I will go through the link as you suggested and post updates; thanks again! |
|
Back to top |
|
|
justin_brody Apprentice
Joined: 26 Jan 2005 Posts: 283
|
Posted: Thu Oct 01, 2020 12:47 pm Post subject: |
|
|
Hi Mika,
Thanks for that tip! I'm hoping I can figure out my issues without having to get that sophisticated, but it might be fun to play with if I need too
Some updates on my debugging efforts, based on the post NeddySeagoon pointed to:
- smartctl -x reports no errors on the SSD
- I spent a fair amount of time swapping RAM modules in and out. With just one module, I was able to emerge chromium without any issues. I tried this with each of the 8 modules; everything seemed o.k. I read somewhere that this might indicate the DDR needed higher voltage, so I manually set it to 1.4 everywhere. This caused the machine to hang partway through the gentoo boot-up. I set it back to [auto] and the system seemed more stable; I was able to run it (with all 8 RAM modules) for a few hours, but then it hung again.

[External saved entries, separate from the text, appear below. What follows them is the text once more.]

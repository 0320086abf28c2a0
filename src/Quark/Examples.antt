-- ===== src/Quark/Examples.antt =====
-- Tests of Quark.
use libudjat.Base.{◌≡◌, refl, true, some, [], ◌∷◌, ◌==◌, if◌then◌else◌, codes, bytes_eq}
use libudjat.Quark.{search, insert, intern, find, Quarks}

-- The same text stands at 1 and at 2, and another at 3, which is stored.
abbrev quarks : Quarks
quarks = record {
  memory = λ p. if p == 3 then codes "cpu" else codes "disk";
  stored = 3 ∷ [];
  allocated = [];
}

find-copy : (find 9 true (some 1) quarks).0 ≡ some 9
unfolding find intern insert search bytes_eq
find-copy = refl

- As I mentioned in the (now old) original post, I ran memtest86 for a couple of days. It completed the first cycle without any trouble.
- BIOS is updated to the latest; June of 2020 as I recall.
- Right now, lm_sensors is only giving me CPU temps and they always look o.k. (< 60 Celsius even during heavy compilation). It is *not* giving me motherboard temps; I'll see if there's something I need to do on the motherboard to get those reported.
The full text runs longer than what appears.